15/12/2018

Artur Nogueira tem um dos menores índices de repasse em ICMS da RMC

Valor é calculado de acordo com o Índice de Participação dos Municípios (IPM)

Diego Faria

Artur Nogueira está entre as cidades da Região Metropolitana de Campinas (RMC) que apresentou um dos menores aumentos percentuais no repasse do Imposto sobre a Circulação de Mercadorias e Serviços (ICMS) do ano. O comparativo entre os 20 municípios da RMC diz respeito aos anos de 2016 e 2017, recebidos em 2018. O valor é calculado de acordo com o Índice de Participação dos Municípios (IPM).

Conforme a estatística apresentada pela Secretaria da Fazenda do Estado de São Paulo (SFESP), o aumento de ICMS referente a Artur Nogueira deixa o município em 4º lugar no ranking. A redução do repasse estimado para o município é de apenas 0,34% em relação ao recebimento em 2018. A cidade que terá a maior redução é Paulínia (SP), que obteve a marca de diminuição em -6,39%. Em seguida estão Monte Mor (SP), com -4,20% e, Itatiba (SP), com -1,63%.

A cidade que apresentou o maior aumento percentual no repasse do ICMS da região foi Engenheiro Coelho (SP), com 16,93%. Acompanhadas da cidade coelhense na somatória de aumento percentual de repasses estão Jaguariúna com 5,79%, Sumaré (SP), com 4,74% e, Hortolândia (SP), com 4,27%. A lista dos resultados referentes às demais cidades da RMC pode ser conferida no site da Secretaria da Fazenda do Estado de São Paulo.

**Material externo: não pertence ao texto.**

-- ===== src/Redis/Object.antt =====
-- `robj`, its types, and the two hash table types of redis/src/redis.c. A string object is its bytes, a
-- list object the values of its nodes in order, a set object a hash table whose values are NULL.
-- Reference counts are not part of an object: strings are never changed in place, so two owners of one
-- string object cannot tell it from two copies.
use Prim.Native.Char.{code}
use Prim.Native.String.{String}
use homemade.Prelude.{
  ℕ, ◌≡◌, refl, ◌↔◌, Bool, true, false, ◌&&◌, none, some, List, [], ◌∷◌, arith, ◌==◌, ==_iff,
  if◌then◌else◌, length, ap,
}
use homemade.Dict.Types.{DictType, Dict, compare_hash_keys, set_hash_key}
use homemade.Dict.Chain.{IsLawful}
use homemade.Dict.Hash.{gen_hash}

abbrev pub Bytes : Type 0
Bytes = List ℕ

-- the bytes of an ASCII literal
abbrev pub codes : String → Bytes
codes String.[] = []
codes (String.◌∷◌ c s) = code c ∷ codes s

-- `memcmp(a, b, len) == 0` for two strings of `len` bytes
unfoldable pub memcmp_eq : Bytes → Bytes → Bool
memcmp_eq [] [] = true
memcmp_eq (x ∷ a) (y ∷ b) = (x == y) && memcmp_eq a b
memcmp_eq a b = false

-- `sdsDictKeyCompare`, and `dictSdsKeyCompare`, which calls it on the strings of two objects
unfoldable pub sds_dict_key_compare : Bytes → Bytes → Bool
unfolding memcmp_eq
sds_dict_key_compare key1 key2 = if length key1 == length key2 then memcmp_eq key1 key2 else false

-- `dictSdsHash`
unfoldable pub dict_sds_hash : Bytes → ℕ
unfolding gen_hash
dict_sds_hash key = gen_hash key (length key)

-- `setDictType`; the values are NULL
unfoldable pub set_dict_type : DictType Bytes (Unit {0})
set_dict_type = record {
  hash_function = dict_sds_hash;
  key_dup = none;
  val_dup = none;
  key_compare = some sds_dict_key_compare;
  pointer_eq = memcmp_eq;
  key_destructor = true;
  val_destructor = false;
}

-- `REDIS_STRING`, `REDIS_LIST` and `REDIS_SET` objects
pub data Obj : Type 0 where
  string : Bytes → Obj
  list : List Bytes → Obj
  set_obj : Dict Bytes (Unit {0}) → Obj

-- `hashDictType`
unfoldable pub hash_dict_type : DictType Bytes Obj
hash_dict_type = record {
  hash_function = dict_sds_hash;
  key_dup = none;
  val_dup = none;
  key_compare = some sds_dict_key_compare;
  pointer_eq = memcmp_eq;
  key_destructor = true;
  val_destructor = true;
}

memcmp_eq_refl : (a : Bytes) → memcmp_eq a a ≡ true
unfolding memcmp_eq
memcmp_eq_refl [] = refl
memcmp_eq_refl (x ∷ a) = ground (arith, memcmp_eq_refl a)

memcmp_eq→eq : (a b : Bytes) → memcmp_eq a b ≡ true → a ≡ b
unfolding memcmp_eq
memcmp_eq→eq [] [] h = refl
memcmp_eq→eq [] (y ∷ b) h = cc
memcmp_eq→eq (x ∷ a) [] h = cc
memcmp_eq→eq (x ∷ a) (y ∷ b) h = ground (arith, memcmp_eq→eq a b, ==_iff x y)

pub memcmp_eq_iff : (a b : Bytes) → (memcmp_eq a b ≡ true) ↔ (a ≡ b)
memcmp_eq_iff a b = (memcmp_eq→eq a b, λ e. rw e (memcmp_eq_refl b))

-- Two keys compare equal exactly when they are the same bytes.
pub sds_dict_key_compare_iff : (a b : Bytes) → (sds_dict_key_compare a b ≡ true) ↔ (a ≡ b)
unfolding sds_dict_key_compare
sds_dict_key_compare_iff a b =
    (λ h. ground (arith, memcmp_eq→eq a b), λ e. rw e (ground (arith, memcmp_eq_refl b)))

pub same-hash_dict_type_iff :
    (a b : Bytes) → (compare_hash_keys hash_dict_type a b ≡ true) ↔ (a ≡ b)
unfolding compare_hash_keys hash_dict_type
same-hash_dict_type_iff a b = sds_dict_key_compare_iff a b

pub hash_dict_type-IsLawful : IsLawful hash_dict_type
unfolding set_hash_key hash_dict_type
hash_dict_type-IsLawful = record {
  same_refl = λ a. (same-hash_dict_type_iff a a).1 refl;
  same_symm = λ a b. ground (arith, same-hash_dict_type_iff a b, same-hash_dict_type_iff b a);
  same_trans = λ a b c p q. ground (
    arith,
    same-hash_dict_type_iff a b,
    same-hash_dict_type_iff b c,
    same-hash_dict_type_iff a c,
  );
  same-dup = λ a. (same-hash_dict_type_iff a a).1 refl;
  hash-same = λ a b p. ap dict_sds_hash ((same-hash_dict_type_iff a b).0 p);
}

pub same-set_dict_type_iff : (a b : Bytes) → (compare_hash_keys set_dict_type a b ≡ true) ↔ (a ≡ b)
unfolding compare_hash_keys set_dict_type
same-set_dict_type_iff a b = sds_dict_key_compare_iff a b

pub set_dict_type-IsLawful : IsLawful set_dict_type
unfolding set_hash_key set_dict_type
set_dict_type-IsLawful = record {
  same_refl = λ a. (same-set_dict_type_iff a a).1 refl;
  same_symm = λ a b. ground (arith, same-set_dict_type_iff a b, same-set_dict_type_iff b a);
  same_trans = λ a b c p q.
      ground
        (arith, same-set_dict_type_iff a b, same-set_dict_type_iff b c, same-set_dict_type_iff a c);
  same-dup = λ a. (same-set_dict_type_iff a a).1 refl;
  hash-same = λ a b p. ap dict_sds_hash ((same-set_dict_type_iff a b).0 p);
}
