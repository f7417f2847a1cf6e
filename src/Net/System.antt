-- ===== src/Net/System.antt =====
-- The system calls of redis/src/anet.c, ae.c and redis.c, on a world that they change: an interface, which
-- the program's functions take as an argument. A computation is `none` where its fuel runs out.
use homemade.Prelude.{ℕ, Option, none, some}
use homemade.Prelude.Int.{ℤ}
use homemade.Redis.Object.{Bytes}
use homemade.Ae.Loop.{Sets}

abbrev pub M : Type 0 → Type 0 → Type 0
M World A = World → Option (A × World)

infixl 5 ◌>>=◌ ◌>>◌
abbrev pub ◌>>=◌ : {World A B : Type 0} → M World A → (A → M World B) → M World B
◌>>=◌ m f w = elim (m w) [ none ↦ none | some (a, w') ↦ f a w' ]

abbrev pub ◌>>◌ : {World A B : Type 0} → M World A → M World B → M World B
m >> k = m >>= λ _. k

abbrev pub pure : {World A : Type 0} → A → M World A
pure a w = some (a, w)

-- A call of the system.
abbrev pub call : {World A : Type 0} → (World → A × World) → M World A
call f w = some (f w)

abbrev pub tell : {World : Type 0} → (World → World) → M World (Unit {0})
tell f w = some (tt, f w)

abbrev pub out_of_fuel : {World A : Type 0} → M World A
out_of_fuel w = none

-- Descriptors that are open. `none` is a result of -1, `read` of no bytes the end of the file.
pub record Streams (World : Type 0) : Type 0 where
  pub time : World → ℕ × World
  pub select : Sets → ℕ → World → (ℤ × Sets) × World
  pub read : ℕ → ℕ → World → Option Bytes × World
  pub write : ℕ → Bytes → World → Option ℕ × World
  pub close : ℕ → World → World
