-- ===== src/Ae/Wait.antt =====
-- `aeWait` of redis/src/ae.c.
use homemade.Prelude.{ℕ, ◌+◌, Bool, not, List, [], ◌∷◌, if◌then◌else◌}
use homemade.Prelude.Int.{ℤ, pos, negsuc, ltb_ℤ}
use homemade.Ae.Loop.{has_bit, fd_isset, Sets}
use homemade.Net.System.{M, ◌>>=◌, pure, call, Streams}

-- `mask & bit` of an `int`, whose bits below zero are the complement's
abbrev pub is_set : ℤ → ℕ → Bool
is_set (pos mask) bit = has_bit mask bit
is_set (negsuc mask) bit = not (has_bit mask bit)

abbrev with_fd : Bool → ℕ → List ℕ
with_fd b fd = if b then fd ∷ [] else []

-- The sets that `aeWait` waits for, by `AE_READABLE`, `AE_WRITABLE` and `AE_EXCEPTION`.
abbrev pub wait_sets : ℕ → ℕ → Sets
wait_sets fd mask = record {
  rfds = with_fd (has_bit mask 1) fd;
  wfds = with_fd (has_bit mask 2) fd;
  efds = with_fd (has_bit mask 4) fd;
}

abbrev bit_of : ℕ → List ℕ → ℕ → ℕ
bit_of fd fds bit = if fd_isset fd fds then bit else 0

-- What is ready of the descriptor.
unfoldable pub remask : ℕ → Sets → ℕ
remask fd s = bit_of fd s.rfds 1 + bit_of fd s.wfds 2 + bit_of fd s.efds 4

-- What `aeWait` makes of what `select` returned.
unfoldable pub wait_result : ℕ → ℤ × Sets → ℤ
unfolding remask
wait_result fd (retval, sets) = if ltb_ℤ (pos 0) retval then pos (remask fd sets) else retval

-- `aeWait`; a negative result is an error, 0 that the time is over
unfoldable pub ae_wait : {World : Type 0} → Streams World → ℕ → ℕ → ℕ → M World ℤ
unfolding wait_result
ae_wait io fd mask milliseconds = do
  r ← call (io.select (wait_sets fd mask) milliseconds)
  pure (wait_result fd r)
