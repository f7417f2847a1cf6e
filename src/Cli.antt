-- ===== src/Cli.antt =====
-- redis/src/redis-cli.c: the command line client.
pub mod Table
pub mod Read
pub mod Main
pub mod Options
pub mod Send
pub mod Replies
mod MainTests
mod Tests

Os depósitos feitos a partir de 2 de janeiro de 2019 na Conta Participação dos Municípios na Arrecadação do ICMS serão efetuados às prefeituras por intermédio do Banco do Brasil, conforme estabelece a Lei Complementar Federal nº 63, de 11/01/90.

Entenda o ICMS

ICMS é a sigla que identifica o Imposto sobre Operações relativas à Circulação de Mercadorias e sobre Prestações de Serviços de Transporte Interestadual e Intermunicipal e de Comunicação. É um imposto que cada um dos Estados e o Distrito Federal podem instituir, como determina a Constituição Federal de 1988.

Para atuar em um ramo de atividade alcançado pelo imposto, a pessoa, física ou jurídica, deve se inscrever no Cadastro de Contribuintes do ICMS. Também deve pagar o imposto a pessoa não inscrita quando importa mercadorias de outro país, mesmo sem habitualidade ou intuito comercial.

Esse imposto pode ser seletivo. Na maior parte dos casos o ICMS, que é embutido no preço, corresponde ao percentual de 18%. Entretanto, para certos alimentos básicos, como arroz e feijão, o ICMS cobrado é de 7%. Já no caso de produtos considerados supérfluos, como, por exemplo, cigarros, cosméticos e perfumes, cobra-se o percentual de 25%.

O ICMS é um imposto não cumulativo, compensando-se o valor devido em cada operação ou prestação com o montante cobrado anteriormente. Em cada etapa da circulação de mercadorias e em toda prestação de serviço sujeita ao ICMS deve haver emissão da nota fiscal ou cupom fiscal. Esses documentos serão escriturados nos livros fiscais para que o imposto possa ser calculado pelo contribuinte e arrecadado pelo Estado.

Para o Estado de São Paulo, o ICMS é a maior fonte de recursos financeiros e, para que o governo possa atender adequadamente às necessidades da população, é importante que o cidadão exija sempre a nota fiscal ou o cupom fiscal e que esteja atento para defender o uso adequado dos recursos públicos.